Association rules are another kind of learning technique where we're looking for associations

between attributes. There's no particular class, but we're looking for any strong associations

between any of the attributes. Again, that's another panel in the Explorer. Text classification. There

are some fantastic text filters in Weka which allow you to handle textual data as words, or as

characters, or n-grams (sequences of three, four, or five consecutive characters). You can do text

mining using Weka. Finally, we've focused exclusively on the Weka Explorer, but the Weka

Experimenter is also worth getting to know. We've done a fair amount of rather boring, tedious,

calculations of means and standard deviations manually by changing the random-number seed and

running things again. That's very tedious to do by hand. The Experimenter makes it very easy to do

this automatically. So, there's a lot more to learn, and I'm wondering if you'd be interested in an

Advanced Data Mining with Weka course. I'm toying with the idea of putting one on, and I'd like you

to let us know what you think about the idea, and what you'd like to see included. Let me just finish

off here with a final thought. We've been talking about data, data mining. Data is recorded facts, a

change of state in the world, perhaps.

That's the input to our data mining process, and the output is information, the patterns -- the

expectations -- that underlie that data: patterns that can be used for prediction in useful applications

in the real world. We've going from data to information. Moving up in the world of people, not

computers, "knowledge" is the accumulation of your entire set of expectations, all the information

that you have and how it works together -- a large store of expectations and the different situations

where they apply. Finally, I like to define "wisdom" as the value attached to knowledge. I'd like to

encourage you to be wise when using data mining technology. You've learned a lot in this course.

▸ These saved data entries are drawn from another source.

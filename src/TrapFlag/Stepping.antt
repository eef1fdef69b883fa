-- ===== src/TrapFlag/Stepping.antt =====
-- What a step under the trap flag leaves behind.
use vd_trace.Base.{
  ℕ, ◌≡◌, refl, Bool, true, false, not, ◌&&◌, ◌||◌, List, [], Option, none, some, leb, ◌==◌,
  if◌then◌else◌, arith, by_test,
}
use vd_trace.Session.{
  idle, ModuleRange, ResolvedExecutionAddress, EnhancedSamplingFrame, ActiveProbeWatchState,
  ProbeCapture, StepEvent, is_write_trace, is_single_step_mode, kind_eq, call, Impl,
}
use vd_trace.Hardware.{Context, trap_flag_bit}
use vd_trace.Hardware.Transition.{should_auto_stop_on_root_return}
use vd_trace.Hardware.Transition.Finalize.Rotated.{IsRotated, rotate-IsRotated}
use vd_trace.Hardware.Exception.{exception_single_step}
use vd_trace.Runtime.{
  Machine, Handled, continue_execution, continue_search, count_event, emit_event,
  reset_active_probe_session,
}
use vd_trace.Runtime.Handoff.{
  HandoffRequest, try_activate_async_thread_handoff, hand_over, queue_async_handoff_request,
}
use vd_trace.Runtime.Rotation.{rotate_queued_trigger_trace}
use vd_trace.Probe.{snapshot_watches}
use vd_trace.Probe.Local.{
  ProbeStep, ProbeOutcome, goes_on, has_captures, enter_session, count_down, should_exit,
  awaits_entry, leave_window, exit_session, finish_probe_step, emit_probe_step,
  handle_active_probe_single_step, probe_step_event,
}
use vd_trace.Regions.{resolve_execution_address}
use vd_trace.Regions.Policy.{trap_flag_frame_suppressed}
use vd_trace.TrapWindow.{restore_hardware_flow_after_trap_window}
use vd_trace.Hardware.Exception.Controlled.{IsControlled}
use vd_trace.Hardware.Exception.Restored.{forget_last, restore-Controls}
use vd_trace.TrapFlag.Handler.{
  set_step, clear_step, stop_stepping, rotate_or_stop, finish_step, update_step, switch_or_update,
  emit_step, decide_step, begin_step, step_of, trace_step, stop_on_request,
  handle_trap_flag_trace_exception, trap_flag_event, or_zero, range_of, has_range,
  is_outside_recordable, no_frame, should_emit_trap_flag_event,
}

-- How a step ends: passed on; stopped, with the trap flag clear; to be stepped on; back under the
-- hardware backend; back at the trigger; or handed over to the thread of a request.
pub data StepEnds (context : Context) (h : Handled) : Type 0 where
  passed : h.disposition ≡ continue_search → h.context ≡ context → StepEnds context h
  stopped :
      h.disposition ≡ continue_execution
      → h.impl.running ≡ false
      → trap_flag_bit h.context.e_flags ≡ 0
      → StepEnds context h
  stepping :
      h.disposition ≡ continue_execution → trap_flag_bit h.context.e_flags ≡ 1 → StepEnds context h
  restored : h.disposition ≡ continue_execution → IsControlled h.impl h.context → StepEnds context h
  rotated : h.disposition ≡ continue_execution → IsRotated h.impl h.context → StepEnds context h
  handed_over :
      h.disposition ≡ continue_execution
      → h.impl.async_handoff_request_pending ≡ true
      → h.impl.observation_state ≡ idle
      → StepEnds context h

-- A probe's session that ends well leaves the thread as it was or under the hardware backend.
pub record Ends (o : ProbeOutcome) : Type 0 where
  pub fails : o.succeeded ≡ false → o.impl.running ≡ false
  pub restores : o.restored_hardware_flow ≡ true → IsControlled o.impl o.context

goes_on-Ends : (impl : Impl) (context : Context) → Ends (goes_on impl context)
goes_on-Ends impl context = record { fails = λ h. cc; restores = λ h. cc }

module _ (machine : Machine) where
  leave-Ends :
      (r : Bool × Impl × Context)
      → (r.0 ≡ true → IsControlled r.1 r.2)
      → Ends (leave_window machine r)
  unfolding leave_window
  leave-Ends (true, s, c) k = record { fails = λ h. cc; restores = λ h. k refl }
  leave-Ends (false, s, c) k = record { fails = λ h. refl; restores = λ h. cc }

  exit-Ends :
      (impl : Impl) (s : ProbeStep) (context : Context) → Ends (exit_session machine impl s context)
  unfolding exit_session
  exit-Ends impl s context =
      by_test Ends (not impl.active_probe.restore_hardware_backend)
        (λ h. goes_on-Ends (reset_active_probe_session impl) context)
        (λ h.
          leave-Ends (restore_hardware_flow_after_trap_window machine impl s.current_rip context)
            (restore-Controls machine impl s.current_rip context))

  finish-Ends :
      (impl : Impl) (s : ProbeStep) (context : Context)
      → Ends (finish_probe_step machine impl s context)
  unfolding finish_probe_step
  finish-Ends impl s context =
      by_test Ends (should_exit (count_down impl.active_probe) s) (λ h. exit-Ends _ s context)
        (λ h. goes_on-Ends _ context)

  emit-Ends :
      (w : List ProbeCapture × List ActiveProbeWatchState) (impl : Impl) (s : ProbeStep)
      (context : Context)
      → Ends (emit_probe_step machine w impl s context)
  unfolding emit_probe_step
  emit-Ends (captures, watches) impl s context =
      let entered = enter_session impl watches in
      by_test Ends (is_single_step_mode impl.active_probe.mode || has_captures captures)
        (λ h.
          finish-Ends
            (emit_event (count_event entered) (probe_step_event machine entered s captures context))
            s context)
        (λ h. finish-Ends entered s context)

  pub probe-Ends :
      (impl : Impl) (s : ProbeStep) (context : Context)
      → Ends (handle_active_probe_single_step machine impl s context)
  unfolding handle_active_probe_single_step
  probe-Ends impl s context =
      by_test Ends (not impl.active_probe.active || awaits_entry impl.active_probe s)
        (λ h. goes_on-Ends impl context)
        (λ h.
          by_test Ends (is_write_trace impl.active_probe.mode)
            (λ y. emit-Ends (snapshot_watches machine impl.active_probe.watches) impl s context)
            (λ n. emit-Ends ([], impl.active_probe.watches) impl s context))

  pub set_step-bit : (context : Context) → trap_flag_bit (set_step context).e_flags ≡ 1
  set_step-bit context = ground arith

  clear_step-bit : (context : Context) → trap_flag_bit (clear_step context).e_flags ≡ 0
  clear_step-bit context = ground arith

  stop-StepEnds :
      (before : Context) (impl : Impl) (context : Context)
      → StepEnds before (stop_stepping impl context)
  unfolding stop_stepping
  stop-StepEnds before impl context = stopped refl refl (clear_step-bit context)

  rotate-StepEnds :
      (before : Context) (r : Bool × Impl × Context)
      → (r.0 ≡ true → IsRotated r.1 r.2)
      → StepEnds before (rotate_or_stop machine r)
  unfolding rotate_or_stop
  rotate-StepEnds before (false, s, c) k = stop-StepEnds before s c
  rotate-StepEnds before (true, s, c) k =
      let t = k refl in
      rotated refl (record {
        waiting = t.waiting;
        no_thread = t.no_thread;
        state = t.state;
        address = t.address;
        enabled = t.enabled;
        trap = t.trap;
      })

  finish-StepEnds :
      (before : Context) (emitted : Bool) (s : ProbeStep) (o : ProbeOutcome)
      → Ends o
      → StepEnds before (finish_step machine emitted s o)
  unfolding finish_step
  finish-StepEnds before emitted s o e =
      let root = should_auto_stop_on_root_return o.impl s.decode_result.kind s.call_depth in
      by_test (StepEnds before) (not o.succeeded)
        (λ h. stopped refl (e.fails (ground arith)) (clear_step-bit o.context))
        (λ h.
          by_test (StepEnds before) o.restored_hardware_flow
            (λ y. restored refl (forget_last o.impl o.context (e.restores y)))
            (λ n.
              by_test (StepEnds before) (emitted && root)
                (λ y.
                  rotate-StepEnds before (rotate_queued_trigger_trace machine o.impl o.context)
                    (rotate-IsRotated machine o.impl o.context))
                (λ n.
                  by_test (StepEnds before)
                    (not (o.impl.options.max_events == 0)
                      && leb o.impl.options.max_events o.impl.event_count)
                    (λ y. stop-StepEnds before o.impl o.context)
                    (λ n. stepping refl (set_step-bit o.context)))))

  update-StepEnds :
      (before : Context) (emitted : Bool) (frame : EnhancedSamplingFrame) (impl : Impl)
      (s : ProbeStep) (context : Context)
      → StepEnds before (update_step machine emitted frame impl s context)
  unfolding update_step
  update-StepEnds before emitted frame impl s context =
      finish-StepEnds before emitted s _ (probe-Ends _ s context)

  switch-StepEnds :
      (before : Context) (frame : EnhancedSamplingFrame) (s : ProbeStep) (r : Bool × Impl × Context)
      → (r.0 ≡ true → (r.1.async_handoff_request_pending ≡ true) × (r.1.observation_state ≡ idle))
      → StepEnds before (switch_or_update machine frame s r)
  unfolding switch_or_update
  switch-StepEnds before frame s (true, impl, context) k = handed_over refl (k refl).0 (k refl).1
  switch-StepEnds before frame s (false, impl, context) k =
      update-StepEnds before true frame impl s context

  hand_over-Requests :
      (o : Option HandoffRequest) (impl : Impl) (context : Context)
      → let r = hand_over machine o impl context in
        r.0 ≡ true → (r.1.async_handoff_request_pending ≡ true) × (r.1.observation_state ≡ idle)
  unfolding hand_over queue_async_handoff_request
  hand_over-Requests none impl context h = cc
  hand_over-Requests (some q) impl context h = (refl, refl)

  handoff-Requests :
      (impl : Impl) (target : ℕ) (event : StepEvent) (context : Context)
      → let r = try_activate_async_thread_handoff machine impl target event context in
        r.0 ≡ true → (r.1.async_handoff_request_pending ≡ true) × (r.1.observation_state ≡ idle)
  unfolding try_activate_async_thread_handoff
  handoff-Requests impl target event context =
      by_test
        (λ (r : Bool × Impl × Context).
          r.0 ≡ true → (r.1.async_handoff_request_pending ≡ true) × (r.1.observation_state ≡ idle))
        (not impl.options.async_thread_handoff) (λ h k. cc) (λ h. hand_over-Requests _ impl context)

  emit-StepEnds :
      (before : Context) (impl : Impl) (s : ProbeStep) (range : Option ModuleRange)
      (context : Context)
      → StepEnds before (emit_step machine impl s range context)
  unfolding emit_step
  emit-StepEnds before impl s range context =
      let event = trap_flag_event machine impl s range context in
      let emitted = emit_event (count_event impl) event in
      by_test (StepEnds before) (kind_eq s.decode_result.kind call)
        (λ h.
          switch-StepEnds before _ s
            (try_activate_async_thread_handoff machine emitted (or_zero s.actual_target) event
              context)
            (handoff-Requests emitted (or_zero s.actual_target) event context))
        (λ h. update-StepEnds before true _ emitted s context)

  decide-StepEnds :
      (before : Context) (resolved : ResolvedExecutionAddress) (impl : Impl) (s : ProbeStep)
      (context : Context)
      → StepEnds before (decide_step machine resolved impl s context)
  unfolding decide_step
  decide-StepEnds before resolved impl s context =
      let range = range_of resolved.kind resolved.module_range in
      by_test (StepEnds before)
        ((has_range range || is_outside_recordable impl resolved.kind)
          && should_emit_trap_flag_event impl s.decode_result
          && not (trap_flag_frame_suppressed impl))
        (λ h. emit-StepEnds before impl s range context)
        (λ h. update-StepEnds before false no_frame impl s context)

  trace-StepEnds :
      (before : Context) (impl : Impl) (executed_rip current_rip : ℕ) (context : Context)
      → StepEnds before (trace_step machine impl executed_rip current_rip context)
  unfolding trace_step
  trace-StepEnds before impl executed_rip current_rip context =
      let begun = begin_step machine impl current_rip context in
      let (resolved, cache) =
        resolve_execution_address machine.virtual_query begun begun.region_cache executed_rip in
      decide-StepEnds before resolved (record begun { region_cache = cache })
        (step_of machine begun executed_rip current_rip) context

  -- Whatever the session and its context, a step under the trap flag is passed on with its context
  -- as it was, or the thread goes on: stopped with its trap flag clear, with its trap flag set,
  -- under the control of the hardware backend, back at the trigger, or handed over to the thread
  -- that a pending request names.
  pub trap_flag-StepEnds :
      (exception_code : ℕ) (impl : Impl) (context : Context)
      → StepEnds context (handle_trap_flag_trace_exception machine exception_code impl context)
  unfolding handle_trap_flag_trace_exception stop_on_request
  trap_flag-StepEnds exception_code impl context =
      by_test (StepEnds context) (not (exception_code == exception_single_step))
        (λ h. passed refl refl)
        (λ h.
          by_test (StepEnds context) impl.stop_requested
            (λ y. stopped refl refl (clear_step-bit context))
            (λ n.
              by_test (StepEnds context) (not impl.running) (λ y. passed refl refl)
                (λ n.
                  trace-StepEnds context impl
                    (if impl.last_rip_valid then impl.last_rip else context.rip) context.rip
                    context)))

You've got a lot of power now that you can use to analyze your own datasets. Use this technology

wisely for the good of the world. That's my final thought for you. There is an activity associated with

this lesson, a little revision activity. Go and do that, and then do the final assessment, and we will

send you your certificate if you do well enough. Good luck! It's been good talking to you, and maybe

we'll see you in an advanced version of this course. Bye for now!